1. Acht Jahre sind vergangen, seit die Erste Europäische Ökumenische Versammlung in Basel abgehalten wurde, die erste ihrer Art, die einen freudigen Vorgeschmack der in Europa bevorstehenden umwälzenden Veränderungen gab, und vielen Gebieten Freiheit und das Ende des "Kalten Krieges" brachte. Heute, da wir im Juni 1997 in Graz, Österreich, zur Zweiten Europäischen Ökumenischen Versammlung zusammengekommen sind, ist die Euphorie verflogen. Die Erklärung von Basel über "Gerechtigkeit, Frieden und die Bewahrung der Schöpfung", in der gesagt wurde, daß Europa sich mit einer Serie untereinander verbundener Probleme konfrontiert sieht, die das Überleben der Menschheit gefährden, hat sich bewahrheitet, und selbst die Grausamkeiten des Krieges sind nach Europa zurückgekehrt und haben ungeheilte Wunden hinterlassen.

2. Herausgefordert und angeregt vom Thema "Versöhnung - Gabe Gottes und Quelle neuen Lebens" kamen wir, Männer und Frauen aller Generationen, aus den vielen Kirchen Europas, aus Ost und West, aus Nord und Süd, nach Graz. Unter uns waren auch Vertreterinnen und Vertreter anderer Religionen und Gäste aus anderen Teilen der Welt. Als Christen aus Kirchen, die immer noch getrennt sind, erleben wir Ängste, Spannungen, Probleme und Barrieren, wie unsere Miteuropäer und im Grunde wie alle Menschen. Aber in unseren Herzen war die starke Hoffnung, Schritte zu tun auf dem Weg der Versöhnung. Diese Hoffnung wurde verstärkt durch die Präsenz und die Beiträge so vieler junger Leute.

3. Wir kamen zur Zweiten Europäischen Ökumenischen Versammlung, weil wir gläubig sind, und weil wir aus Gottes Gabe der Versöhnung leben wollen. Wir kamen mit der Hoffnung, daß wir, wenn wir uns durch diese Gabe in unserem täglichen Leben, im Leben unserer Kirchen und unseres Kontinents leiten lassen, zur Einheit der Kirchen und der Menschheit beitragen.

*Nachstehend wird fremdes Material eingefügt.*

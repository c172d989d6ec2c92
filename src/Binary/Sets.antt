-- ===== src/Binary/Sets.antt =====
-- The sets of a binary grammar: the loop over `sets_list` of `BinaryGrammar::writeBinaryGrammar` in src/BinaryGrammar_write.cpp, the
-- one of `BinaryGrammar::parse_grammar` in src/BinaryGrammar_read.cpp that reads them, `trie_serialize` of src/TagTrie.hpp and
-- `_trie_unserialize` of src/Grammar.hpp.
pub mod Tries
pub mod RoundTrip
use vislcg.Base.{
  ltb, leb, ◌==◌, if◌then◌else◌, ltb→lt, ltb→le, leb→le, leb→lt, ==_iff, Bool-cases, Option-cases,
  if_elim, length, rejoin, length-append, ℕ, zero, suc, ◌+◌, ◌-◌, ◌*◌, ◌/◌, ◌%◌, ◌^◌, ◌≤◌, ◌<◌, min,
  max, ◌≡◌, refl, sym, ap, ◌∙◌, ◌≢◌, ◌↔◌, ◌⊎◌, inl, inr, Bool, true, false, not, ◌&&◌, ◌||◌, Option,
  none, some, List, [], ◌∷◌, ◌++◌, map, arith, word,
}
use vislcg.Trie.{
  empty, entry, Trie, terminal_at, child_at, set_node, trie_insert, copy_onto, trie_copy, size,
  trie_singular, has_type, tag_list, match_trie,
}
use vislcg.Binary.{
  Bytes, Text, Reader, Writer, after, ◌>>=◌, ◌>>◌, pure, fail, guard, put8, put32, put64, read8,
  read32, read64, read_bytes, read_times, put_each, put_vector, read_vector, All, Restores,
  then_lem, read32-put32, read8-put8, read64-put64, read_bytes-append, read_times-put_each,
  read_vector-put_vector,
}
use vislcg.Binary.Fields.{
  Double, Platform, Converts, nonzero, nonempty, is_some, mask, bit, flag, put_if, put_some,
  put_all, field, put_text, read_text, bit-mask, mask-lt, field-put_if, field-nonzero,
  read_text-put_text, field-text, field-put_some, read_some, put_double, read_double,
  read_double-put_double, IsVector, field-put_some_vector,
}

-- The tags of the grammar: the number of the tag of a hash, and the hash of `single_tags_list[number]`.
pub record TagTable : Type 0 where
  pub number_of : ℕ → ℕ
  pub hash_at : ℕ → ℕ

pub record Set : Type 0 where
  pub number : ℕ
  pub type : ℕ
  pub trie : Trie
  pub trie_special : Trie
  pub set_ops : List ℕ
  pub sets : List ℕ
  pub name : Text

-- The number of the bit `ST_STATIC`.
abbrev pub st_static : ℕ
st_static = 7

unfoldable pub trie_nonempty : Trie → Bool
trie_nonempty trie = nonzero (size trie)

-- `getNonEmpty().empty()`, denied.
unfoldable pub has_tags : Set → Bool
has_tags s = if trie_nonempty s.trie then true else trie_nonempty s.trie_special

unfoldable pub bool_byte : Bool → ℕ
bool_byte b = if b then 1 else 0

-- `trie_serialize`.
unfoldable pub trie_serialize : TagTable → Trie → Writer
trie_serialize tags empty rest = rest
trie_serialize tags (entry key terminal child later) rest = put32 (tags.number_of key) (
    put8 (bool_byte terminal)
      (put32 (size child) (trie_serialize tags child (trie_serialize tags later rest))))

-- `_trie_unserialize` of the nodes that are left, into the trie read so far. The fuel bounds the depth.
unfoldable pub trie_unserialize : TagTable → ℕ → ℕ → Trie → Reader Trie
trie_unserialize tags fuel zero trie = pure trie
trie_unserialize tags zero (suc n) trie = fail
trie_unserialize tags (suc fuel) (suc n) trie = do
  number ← read32
  terminal ← read8
  count ← read32
  child ← trie_unserialize tags fuel count (child_at (tags.hash_at number) trie)
  trie_unserialize tags (suc fuel) n (set_node (tags.hash_at number) (nonzero terminal) child trie)

unfoldable pub put_trie : TagTable → Trie → Writer
put_trie tags trie rest = put32 (size trie) (trie_serialize tags trie rest)

-- No trie is deeper than the stream is long.
unfoldable pub read_trie : TagTable → Reader Trie
read_trie tags s = (do count ← read32; trie_unserialize tags (length s) count empty) s

unfoldable pub set_flags : Set → List Bool
set_flags s =
    nonzero s.number
    ∷ false
    ∷ nonzero s.type
    ∷ has_tags s
    ∷ nonempty s.set_ops
    ∷ nonempty s.sets
    ∷ bit s.type st_static
    ∷ []

unfoldable pub put_tries : TagTable → Set → Writer
put_tries tags s rest = put_trie tags s.trie (put_trie tags s.trie_special rest)

unfoldable pub write_set : Platform → TagTable → Set → Writer
write_set pf tags s = put_all (
    put32 (mask (set_flags s))
    ∷ put_if (nonzero s.number) (put32 s.number)
    ∷ put_if (nonzero s.type) (put8 s.type)
    ∷ put_if (has_tags s) (put_tries tags s)
    ∷ put_if (nonempty s.set_ops) (put_vector put32 s.set_ops)
    ∷ put_if (nonempty s.sets) (put_vector put32 s.sets)
    ∷ put_if (bit s.type st_static) (put_text pf s.name)
    ∷ [])

pub record BothTries : Type 0 where
  pub trie : Trie
  pub trie_special : Trie

unfoldable pub read_tries : TagTable → Reader BothTries
read_tries tags = do
  trie ← read_trie tags
  trie_special ← read_trie tags
  pure (record { trie = trie; trie_special = trie_special })

unfoldable pub read_set_fields : Platform → TagTable → (ℕ → Bool) → Reader Set
read_set_fields pf tags has = do
  number ← field (has 0) 0 read32
  type ← field (has 2) 0 read8
  tries ← field (has 3) (record { trie = empty; trie_special = empty }) (read_tries tags)
  set_ops ← field (has 4) [] (read_vector read32)
  sets ← field (has 5) [] (read_vector read32)
  name ← field (has 6) [] (read_text pf [])
  pure (record {
    number = number;
    type = type;
    trie = tries.trie;
    trie_special = tries.trie_special;
    set_ops = set_ops;
    sets = sets;
    name = name;
  })

unfoldable pub read_set : Platform → TagTable → Reader Set
read_set pf tags = do mask ← read32; read_set_fields pf tags (bit mask)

4. Gott hat uns in diesen Tagen reich gesegnet. Die täglichen Gottesdienste bildeten einen wesentlichen Bestandteil dieser Versammlung und die Grundlage unserer Gemeinschaft. Im gemeinsamen Gebet wurde uns erneut klar, daß wir einen barmherzigen und treuen Vater im Himmel haben, an den wir alle als Söhne und Töchter glauben. Im Nachdenken über Gottes Wort spürten wir im Evangelium die Macht seiner Gnade, die unser Denken verändert und den Menschen, die sich um den Einen Herrn versammeln, neues Leben schenkt. Der Heilige Geist, der der "Geber des Lebens" ist, schuf eine Atmosphäre des Vertrauens und der Zusammenarbeit, in der wir mit Herz und Sinn füreinander offen sein konnten. Wir fühlten auch den Schmerz fortdauernder Trennungen, die unterstreichen, wie schwer es ist, die Versöhnung zu leben, die wir verkündigen. Für die Durchführung einer so großen Versammlung, an der Delegierte und Kirchenführer aus mehr als 150 Kirchen und mehr als 10 000 Menschen aus vielen verschiedenen Traditionen teilnahmen, war praktische Nächstenliebe gefordert. Wir erlebten, daß ökumenische Begegnung harte Arbeit ist, aber auch die Freude wachsender Einheit beinhaltet. Die ökumenische Bewegung ist in sich selbst schon ein Weg der Versöhnung.